We note too that nothing directly incriminating seems to have been found during the search of Senn's rooms. We might well assume that, alerted by the activity of the police in rounding up students and professors directly after Fischer's farewell party, Senn would have destroyed or hidden any incriminating material. Even under Franz's belljar, Senn could hardly have been prosecuted on the basis of what someone else had written about him.
The length of Senn's imprisonment during the investigation is probably an indication of the degree of resistance he put up. Whereas a sensible person cooperates, fakes remorse and is quickly set free, we see how Senn fought a mighty battle just over accepting the right of the police to question him, even to the point of refusing to give his name. When we think back to the accounts of his father's character we might come to the conclusion that pedantic stubborness was in the Senn DNA.
Camping it up
A small band of Schubert scholars got it into their heads some years ago that a number of the members of the Circles of Friends were bound together by homosexual feelings and not just shared biography, friendship or cultural interests. Despite the fact that the evidence produced for this did not stand examination, the idea that some members of the Circles were in homoerotic turmoil still seems attractive to some commentators for some reason. We therefore still have to waste pixels battling these fantasies.
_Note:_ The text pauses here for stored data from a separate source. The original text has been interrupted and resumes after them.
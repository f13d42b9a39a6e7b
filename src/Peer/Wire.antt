-- ===== src/Peer/Wire.antt =====
-- What goes out by src/torrent/peer.cpp's send functions is read back by its handlers.
pub mod Chunks
pub mod Bits
pub mod Requests
pub mod Haves
pub mod Arrivals
pub mod Whole
use ytorrent.Base.{
  ℕ, ◌+◌, ◌-◌, ◌%◌, ◌^◌, ◌<◌, ◌≤◌, ◌≡◌, refl, ap, ap₂, ◌∙◌, List, [], ◌∷◌, ◌++◌, some, none, zero,
  suc, true, false, ltb, ◌||◌, ◌==◌, if-cases, tests, take, drop, length, arith, Outcome, done,
  ◌>>=◌,
}
use native.Mathlib.Numerals.{unary_clauses}
use ytorrent.Utils.Transcoder.{write_as_be32, read_as_be32}
use ytorrent.Utils.Transcoder.RoundTrip.{read_as_be32-write_as_be32}
use ytorrent.Net.Incoming.{
  IncomingMessage, incoming_message, extract_next_u32, cpy_buffer, get_size, get_buffer, advance,
}
use ytorrent.Net.Outgoing.{OutgoingMessage, outgoing_message, add_custom, add_u8, add_u32}
use ytorrent.Peer.MessageId
use ytorrent.Client.{
  Client, Platform, max_block_request_size, modify_peer, test_state, peer_interested, am_choking,
}
use ytorrent.Peer.Send.{have_message, request_message, piece_block_message, bitfield_message}
use ytorrent.Peer.Messages.{extract_three, serve, on_request, on_have, keep_reading, add_index}
use ytorrent.Peer.Blocks.{take_block, find_queued, on_piece_block}
use ytorrent.Peer.Dispatch.{handle_body, size_minus_one, handle_message}

abbrev pub word : ℕ → List ℕ
word n = write_as_be32 n

request_bytes :
    (id index begin size : ℕ)
    → (request_message id index begin size).data_buffer
      ≡ word 13 ++ (id ∷ (word index ++ (word begin ++ word size)))
unfolding request_message add_u32 add_u8 add_custom write_as_be32
request_bytes id index begin size = refl

extract_next_u32-word :
    (m : IncomingMessage) (v : ℕ) (rest : List ℕ)
    → get_buffer m ≡ word v ++ rest
    → v < 2 ^ 32
    → extract_next_u32 m ≡ done (v, advance 4 m)
unfolding extract_next_u32
extract_next_u32-word m v rest e h = rw (e, read_as_be32-write_as_be32 v rest h) refl

drop_one : (a : ℕ) (rest : List ℕ) → drop 4 (word a ++ rest) ≡ rest
unfolding write_as_be32
drop_one a rest = refl

pub drop_two : (a b : ℕ) (rest : List ℕ) → drop 8 (word a ++ (word b ++ rest)) ≡ rest
unfolding write_as_be32
drop_two a b rest = refl

module _ (index begin : ℕ) (rest : List ℕ) (n : ℕ) (hi : index < 2 ^ 32) (hb : begin < 2 ^ 32) where
  unfoldable pub message_of : IncomingMessage
  message_of = incoming_message (word index ++ (word begin ++ rest)) n

  -- The cursor after two numbers.
  unfoldable pub second_cursor : IncomingMessage
  unfolding message_of
  second_cursor = record message_of { read_index = 8 }

  pub extract_first :
      extract_next_u32 message_of ≡ done (index, record message_of { read_index = 4 })
  unfolding message_of advance get_buffer
  extract_first = extract_next_u32-word message_of index (word begin ++ rest) refl hi

  pub extract_second :
      extract_next_u32 (record message_of { read_index = 4 }) ≡ done (begin, second_cursor)
  unfolding message_of advance get_buffer second_cursor
  extract_second =
      extract_next_u32-word (record message_of { read_index = 4 }) begin rest
        (drop_one index (word begin ++ rest)) hb

  pub get_buffer-second : get_buffer second_cursor ≡ rest
  unfolding get_buffer second_cursor message_of
  get_buffer-second = drop_two index begin rest

extract_three-words :
    (index begin size : ℕ)
    → index < 2 ^ 32
    → begin < 2 ^ 32
    → size < 2 ^ 32
    → extract_three (incoming_message (word index ++ (word begin ++ (word size ++ []))) 12)
      ≡ done (index, begin, size)
unfolding extract_three message_of
extract_three-words index begin size hi hb hs =
    rw
      (
        extract_first index begin (word size ++ []) 12 hi hb,
        extract_second index begin (word size ++ []) 12 hi hb,
        extract_next_u32-word (second_cursor index begin (word size ++ []) 12 hi hb) size []
            (get_buffer-second index begin (word size ++ []) 12 hi hb) hs,
      )
      refl

-- The two reads of a message: its length, and then as many bytes, which the peer's code handles.
unfoldable pub receive : Platform → ℕ → List ℕ → Client → Outcome Client
receive platform p bytes c = do
  n ← read_as_be32 (take 4 bytes)
  handle_body platform p (take n (drop 4 bytes)) n c

take-word : (v : ℕ) (rest : List ℕ) → take 4 (word v ++ rest) ≡ word v ++ []
unfolding write_as_be32
take-word v rest = refl

pub receive-frame :
    (platform : Platform) (p n : ℕ) {bytes body : List ℕ} (tail : List ℕ) (c : Client)
    → n < 2 ^ 32
    → bytes ≡ word n ++ tail
    → take n tail ≡ body
    → receive platform p bytes c ≡ handle_body platform p body n c
unfolding receive
receive-frame platform p n tail c h e d =
    rw (e, take-word n tail, drop_one n tail, read_as_be32-write_as_be32 n [] h)
      (ap (λ t. handle_body platform p t n c) d)

on_request-words :
    (platform : Platform) (p : ℕ) (c : Client) (index begin size : ℕ)
    → index < 2 ^ 32
    → begin < 2 ^ 32
    → size < 2 ^ 32
    → test_state peer_interested (c.peers p) ≡ true
    → test_state am_choking (c.peers p) ≡ false
    → on_request platform p
        (incoming_message (word index ++ (word begin ++ (word size ++ []))) 12)
        c
      ≡ serve platform p (index, begin, size) c
unfolding on_request get_size
on_request-words platform p c index begin size hi hb hs asked unchoked =
    rw (asked, unchoked)
      (ap (λ m. m >>= (λ numbers. serve platform p numbers c))
        (extract_three-words index begin size hi hb hs))

take-request :
    (index begin size : ℕ)
    → take 13 (MessageId.request ∷ (word index ++ (word begin ++ word size)))
      ≡ MessageId.request ∷ (word index ++ (word begin ++ (word size ++ [])))
unfolding write_as_be32
take-request index begin size = refl

-- The bytes of sendRequest, at a peer that is interested and not choked, make it serve that block.
pub request_reaches_serve :
    (platform : Platform) (p : ℕ) (c : Client) (index begin size : ℕ)
    → index < 2 ^ 32
    → begin < 2 ^ 32
    → size < 2 ^ 32
    → test_state peer_interested (c.peers p) ≡ true
    → test_state am_choking (c.peers p) ≡ false
    → receive platform p (request_message MessageId.request index begin size).data_buffer c
      ≡ serve platform p (index, begin, size) c
unfolding handle_body size_minus_one handle_message
request_reaches_serve platform p c index begin size hi hb hs asked unchoked =
    receive-frame platform p 13 (MessageId.request ∷ (word index ++ (word begin ++ word size))) c
      (omega arith) (request_bytes MessageId.request index begin size)
      (take-request index begin size)
    ∙ on_request-words platform p c index begin size hi hb hs asked unchoked

have_bytes :
    (index : ℕ) → (have_message index).data_buffer ≡ word 5 ++ (MessageId.have ∷ word index)
unfolding have_message add_u32 add_u8 add_custom write_as_be32
have_bytes index = refl

take-have : (index : ℕ) → take 5 (MessageId.have ∷ word index) ≡ MessageId.have ∷ (word index ++ [])
unfolding write_as_be32
take-have index = refl

-- The bytes of sendHave enter the index in the peer's list.
pub have_reaches_add_index :
    (platform : Platform) (p : ℕ) (c : Client) (index : ℕ)
    → index < 2 ^ 32
    → receive platform p (have_message index).data_buffer c
      ≡ done (keep_reading p (modify_peer p (add_index index) c))
unfolding handle_body size_minus_one handle_message on_have get_size get_buffer
have_reaches_add_index platform p c index h =
    receive-frame platform p 5 (MessageId.have ∷ word index) c (omega arith) (have_bytes index)
      (take-have index)
    ∙ ap
        (λ m. m >>= (λ (x : ℕ × IncomingMessage).
          done (keep_reading p (modify_peer p (add_index x.0) c))))
        (extract_next_u32-word (incoming_message (word index ++ []) 4) index [] refl h)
Johann Senn was also dragged into this camp turmoil. [Dürhammer 202] for example, suggests that Senn's arrest may have been for homosexual behaviour rather than political activity in student clubs. He has to admit that, since many of the police files have been destroyed, there is no evidence for this at all. He further suggests that Senn's 14-month stay in the police prison was the length of sentence that someone convicted of homosexual activity would be given. Again no records exist. As far as we know, Senn remained in the police prison during this entire period – the prisons for penal punishments were quite different establishments and Senn would only be sent to one of those following a trial and formal sentence. A hundred or so pages later, in his entirely political treatment of Senn's arrest, [Dürhammer 313] ignores his own theory.